In search of the “how,” CompuMentor launched a site called NetSquared.org , subtitled “Remixing the Web for Social Change.” They equipped it with various community tools, and started organizing the actual conference in as Web 2.0 a fashion as possible.
The result — hosted by Cisco in their new Santa Clara conference center — was as inclusive as the topic demands. The attendees were an international roster of groups, from established names like Amnesty International, the Kiwanis Club and the American Cancer Society to newer organizations such as Blogher, the Genocide Intervention Network and One Laptop Per Child. And thus the two days included dozens of examples of how the Web can organize: from the Katrina PeopleFinder site (created almost overnight by dozens of volunteers around the country) to the MySpace pages that helped mobilize hundreds of thousands of generally apolitical young people for the March immigration protests.
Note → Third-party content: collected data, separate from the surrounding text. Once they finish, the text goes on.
-- ===== src/Exclude/Sound.antt =====
-- The matcher of exclude.rs against a declarative reading of patterns, and that its loop ends.
use tunshell_mcp_agents.Prelude.{
  ℕ, zero, suc, ◌+◌, ◌*◌, ◌≤◌, ◌<◌, ◌≡◌, refl, ap, ◌∙◌, subst, [], ◌∷◌, Option, none, some, Bool,
  true, false, ◌&&◌, not, nat_beq, if◌then◌else◌, length, arith, Bool-cases, inl, inr,
}
use native.Mathlib.Nat.{suc-mul}
use tunshell_mcp_agents.Safety.Words.{Text}
use tunshell_mcp_agents.Exclude.{
  Star, only_stars, begins_star, tail, star_at, is_literal, blocks, Next, fails, goes_on, extend,
  extend_from, next, carry_on, glob_loop, fuel_for, or_false, glob_match,
}

-- What follows a star whose first character has been read: `**` is one star.
abbrev after : Text → Text
after pat = if begins_star pat then tail pat else pat

-- The texts that a pattern stands for: `*` absorbs any characters but `/`, `**` any, `?` one that
-- is no `/`, each other character itself. Without `slash_sensitive` a `/` is like any other.
pub data Matches (slash_sensitive : Bool) : Text → Text → Type 0 where
  ends : Matches slash_sensitive [] []
  literal :
      (q c : ℕ) (pat text : Text)
      → nat_beq q 42 ≡ false
      → is_literal slash_sensitive q c ≡ true
      → Matches slash_sensitive pat text
      → Matches slash_sensitive (q ∷ pat) (c ∷ text)
  skips :
      (pat text : Text)
      → Matches slash_sensitive (after pat) text
      → Matches slash_sensitive (42 ∷ pat) text
  absorbs :
      (c : ℕ) (pat text : Text)
      → not (begins_star pat) && (slash_sensitive && nat_beq c 47) ≡ false
      → Matches slash_sensitive (42 ∷ pat) text
      → Matches slash_sensitive (42 ∷ pat) (c ∷ text)

module _ (sens : Bool) where
  only_stars-Matches : (pat : Text) → only_stars pat ≡ true → Matches sens pat []
  unfolding only_stars
  only_stars-Matches [] h = ends
  only_stars-Matches (q ∷ []) h = let e : q ≡ 42 = ground (arith, h) in rw e (skips [] [] ends)
  only_stars-Matches (q ∷ r ∷ pat) h =
      let e : q ≡ 42 = ground (arith, h) in
      let e' : r ≡ 42 = ground (arith, h) in
      rw (e, e') (skips (42 ∷ pat) [] (only_stars-Matches pat (ground (arith, h))))

  module _ (G : Type 0) where
    -- A match of the star and what follows it, from the anchor on, is enough for the goal.
    Anchored : Option Star → Type 0
    Anchored none = Unit
    Anchored (some s) =
        (pat : Text) × (s.resume ≡ after pat)
        × (s.double ≡ begins_star pat)
        × (Matches sens (42 ∷ pat) s.from → G)

    Enough : Next → Type 0
    Enough fails = Unit
    Enough (goes_on pat text star) = (Matches sens pat text → G) × Anchored star

    extend_from-Enough :
        (s : Star) (from : Text) (pat : Text)
        → s.resume ≡ after pat
        → s.double ≡ begins_star pat
        → (Matches sens (42 ∷ pat) from → G)
        → Enough (extend_from sens s from)
    unfolding Enough Anchored extend_from
    extend_from-Enough s [] pat r d k = tt
    extend_from-Enough s (c ∷ rest) pat r d k = elim (Bool-cases (blocks sens s c)) [
      | inl e ↦ rw e tt
      | inr e ↦
          let free : not (begins_star pat) && (sens && nat_beq c 47) ≡ false =
            subst (λ b. not b && (sens && nat_beq c 47) ≡ false) d e in
          rw e (
            λ m.
                k (absorbs c pat rest free (skips pat rest (subst (λ p. Matches sens p rest) r m))),
            (pat, r, d, λ m. k (absorbs c pat rest free m)),
          )
    ]

    extend-Enough : (star : Option Star) → Anchored star → Enough (extend sens star)
    unfolding extend Anchored Enough
    extend-Enough none a = tt
    extend-Enough (some s) (pat, r, d, k) = extend_from-Enough s s.from pat r d k

    next-Enough :
        (pat : Text) (c : ℕ) (text : Text) (star : Option Star)
        → (Matches sens pat (c ∷ text) → G)
        → Anchored star
        → Enough (next sens pat c text star)
    unfolding next star_at Enough Anchored
    next-Enough [] c text star k a = extend-Enough star a
    next-Enough (q ∷ pat) c text star k a = elim (Bool-cases (nat_beq q 42)) [
      | inl e ↦
          let same : q ≡ 42 = ground (arith, e) in
          let k' : Matches sens (42 ∷ pat) (c ∷ text) → G =
            subst (λ n. Matches sens (n ∷ pat) (c ∷ text) → G) same k in
          rw e (λ m. k' (skips pat (c ∷ text) m), (pat, refl, refl, k'))
      | inr e ↦ elim (Bool-cases (is_literal sens q c)) [
        | inl l ↦ rw (e, l) (λ m. k (literal q c pat text e l m), a)
        | inr l ↦ rw (e, l) (extend-Enough star a)
      ]
    ]

    carry_on-Enough :
        (run : Text → Text → Option Star → Option Bool)
        → ((pat text : Text) (star : Option Star)
            → (Matches sens pat text → G)
            → Anchored star
            → run pat text star ≡ some true
            → G)
        → (n : Next) → Enough n
        → carry_on run n ≡ some true
        → G
    unfolding Enough
    carry_on-Enough run ih fails v h = absurd (ground arith)
    carry_on-Enough run ih (goes_on pat text star) v h = ih pat text star v.0 v.1 h

    glob_loop-Enough :
        (fuel : ℕ) (pat text : Text) (star : Option Star)
        → (Matches sens pat text → G)
        → Anchored star
        → glob_loop sens fuel pat text star ≡ some true
        → G
    unfolding glob_loop
    glob_loop-Enough zero pat text star k a h = absurd (ground arith)
    glob_loop-Enough (suc fuel) pat [] star k a h = k (only_stars-Matches pat (ground (arith, h)))
    glob_loop-Enough (suc fuel) pat (c ∷ text) star k a h =
        carry_on-Enough (λ p t s. glob_loop sens fuel p t s) (λ p t s. glob_loop-Enough fuel p t s)
          (next sens pat c text star) (next-Enough pat c text star k a) h

  -- The loop ends: what is left of the text behind the anchor, and of the pattern, goes down.
  Within : ℕ → ℕ → Text → Text → Option Star → Type 0
  Within m f pat text none = (length pat ≤ m) × (length text < f)
  Within m f pat text (some s) =
      (length pat ≤ m) × (length text ≤ length s.from) × (length s.from ≤ f) × (length s.resume ≤ m)

  Left : ℕ → ℕ → ℕ → Next → Type 0
  Left m f p fails = Unit
  Left m f p (goes_on pat text star) =
      (g : ℕ) × Within m g pat text star × (g * suc m + length pat < f * suc m + p)

  extend_from-Left :
      (m f p : ℕ) (s : Star) (from : Text)
      → length s.resume ≤ m
      → length from ≤ f
      → Left m f p (extend_from sens s from)
  unfolding Left Within extend_from
  extend_from-Left m f p s [] r l = tt
  extend_from-Left m zero p s (c ∷ rest) r l = absurd (omega arith)
  extend_from-Left m (suc f) p s (c ∷ rest) r l = elim (Bool-cases (blocks sens s c)) [
    | inl e ↦ rw e tt
    | inr e ↦ rw e (f, (r, omega arith, omega arith, r), omega (arith, suc-mul f (suc m)))
  ]

  extend-Left :
      (m f p : ℕ) (pat text : Text) (star : Option Star)
      → Within m f pat text star
      → Left m f p (extend sens star)
  unfolding extend Left Within
  extend-Left m f p pat text none w = tt
  extend-Left m f p pat text (some s) w = extend_from-Left m f p s s.from w.3 w.2

  length-after : (pat : Text) → length (after pat) ≤ length pat
  length-after [] = omega arith
  length-after (q ∷ pat) = ground arith

  Within-smaller :
      (m f q c : ℕ) (pat text : Text) (star : Option Star)
      → Within m f (q ∷ pat) (c ∷ text) star
      → Within m f pat text star
  unfolding Within
  Within-smaller m f q c pat text none w = (omega (arith, w.0), omega (arith, w.1))
  Within-smaller m f q c pat text (some s) w = (omega (arith, w.0), omega (arith, w.1), w.2, w.3)

  Within-starred :
      (m f q c : ℕ) (pat text : Text) (star : Option Star)
      → Within m f (q ∷ pat) (c ∷ text) star
      → Within m f (after pat) (c ∷ text) (some (star_at pat (c ∷ text)))
  unfolding Within star_at
  Within-starred m f q c pat text none w =
      let l = length-after pat in
      (omega (arith, l, w.0), omega arith, omega (arith, w.1), omega (arith, l, w.0))
  Within-starred m f q c pat text (some s) w =
      let l = length-after pat in
      (omega (arith, l, w.0), omega arith, omega (arith, w.1, w.2), omega (arith, l, w.0))

  next-Left :
      (m f : ℕ) (pat : Text) (c : ℕ) (text : Text) (star : Option Star)
      → Within m f pat (c ∷ text) star
      → Left m f (length pat) (next sens pat c text star)
  unfolding next star_at Left
  next-Left m f [] c text star w = extend-Left m f 0 [] (c ∷ text) star w
  next-Left m f (q ∷ pat) c text star w = elim (Bool-cases (nat_beq q 42)) [
    | inl e ↦ rw e (f, Within-starred m f q c pat text star w, omega (arith, length-after pat))
    | inr e ↦ elim (Bool-cases (is_literal sens q c)) [
      | inl l ↦ rw (e, l) (f, Within-smaller m f q c pat text star w, omega arith)
      | inr l ↦ rw (e, l) (extend-Left m f (length (q ∷ pat)) (q ∷ pat) (c ∷ text) star w)
    ]
  ]

  abbrev Answers : Option Bool → Type 0
  Answers o = (b : Bool) × (o ≡ some b)

  carry_on-Answers :
      (m f p : ℕ) (run : Text → Text → Option Star → Option Bool)
      → ((g : ℕ) (pat text : Text) (star : Option Star)
          → Within m g pat text star
          → g * suc m + length pat < f * suc m + p
          → Answers (run pat text star))
      → (n : Next) → Left m f p n
      → Answers (carry_on run n)
  unfolding Left
  carry_on-Answers m f p run ih fails v = (false, refl)
  carry_on-Answers m f p run ih (goes_on pat text star) (g, w, l) = ih g pat text star w l

  glob_loop-Answers :
      (m f fuel : ℕ) (pat text : Text) (star : Option Star)
      → Within m f pat text star
      → f * suc m + length pat < fuel
      → Answers (glob_loop sens fuel pat text star)
  unfolding glob_loop
  glob_loop-Answers m f zero pat text star w l = absurd (omega arith)
  glob_loop-Answers m f (suc fuel) pat [] star w l = (only_stars pat, refl)
  glob_loop-Answers m f (suc fuel) pat (c ∷ text) star w l =
      carry_on-Answers m f (length pat) (λ p t s. glob_loop sens fuel p t s)
        (λ g p t s v less. glob_loop-Answers m g fuel p t s v (omega (arith, less, l)))
        (next sens pat c text star) (next-Left m f pat c text star w)

  -- The matcher is total and sound: for every pattern and text the fuel of `glob_match` is enough
  -- for its loop to come to an answer, and where it says that the text matches, the pattern,
  -- read declaratively, stands for the text.
  pub glob_match-Matches :
      (pat text : Text)
      → (glob_loop sens (fuel_for pat text) pat text none ≡ some (glob_match sens pat text))
        × (glob_match sens pat text ≡ true → Matches sens pat text)
  unfolding glob_match Within Anchored
  glob_match-Matches pat text =
      let m = length pat in
      let n = length text in
      let product : (n + 2) * suc m ≡ suc n * suc m + suc m =
        let two : n + 2 ≡ suc (suc n) = omega arith in
        ap (λ k. k * suc m) two ∙ suc-mul (suc n) (suc m) in
      let one : m + 1 ≡ suc m = omega arith in
      let fuel : suc n * suc m + m < (n + 2) * (m + 1) = rw one (omega (arith, product)) in
      let (b, e) =
        glob_loop-Answers m (suc n) ((n + 2) * (m + 1)) pat text none (omega arith, omega arith)
          fuel in
      (
        rw e refl,
        λ h.
            glob_loop-Enough (Matches sens pat text) ((n + 2) * (m + 1)) pat text none (λ x. x) tt
              (e ∙ ap some (subst (λ o. or_false o ≡ true) e h)),
      )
The examples also included information gathering. Dan Gillmor, author of We the Media, provided an interesting perspective on how the social Web can amplify citizen journalism:
“The citizen witness with a camera is not new — consider the Zapruder film of the JFK assassination. But imagine what would have happened if there had been a thousand cameras at Dealey Plaza that day, and they were all hooked to the Internet. Overnight, we’d have had 3D renderings of exactly what took place.”
On an international level, Ethan Zuckerman’s Global Voices Online aggregates (and often translates) blogs from around the world.
“Africa, for example, has a thriving blogosphere," he says. “What we try to do isn’t to speak, but to point. It’s getting easier and easier to let people speak for themselves.”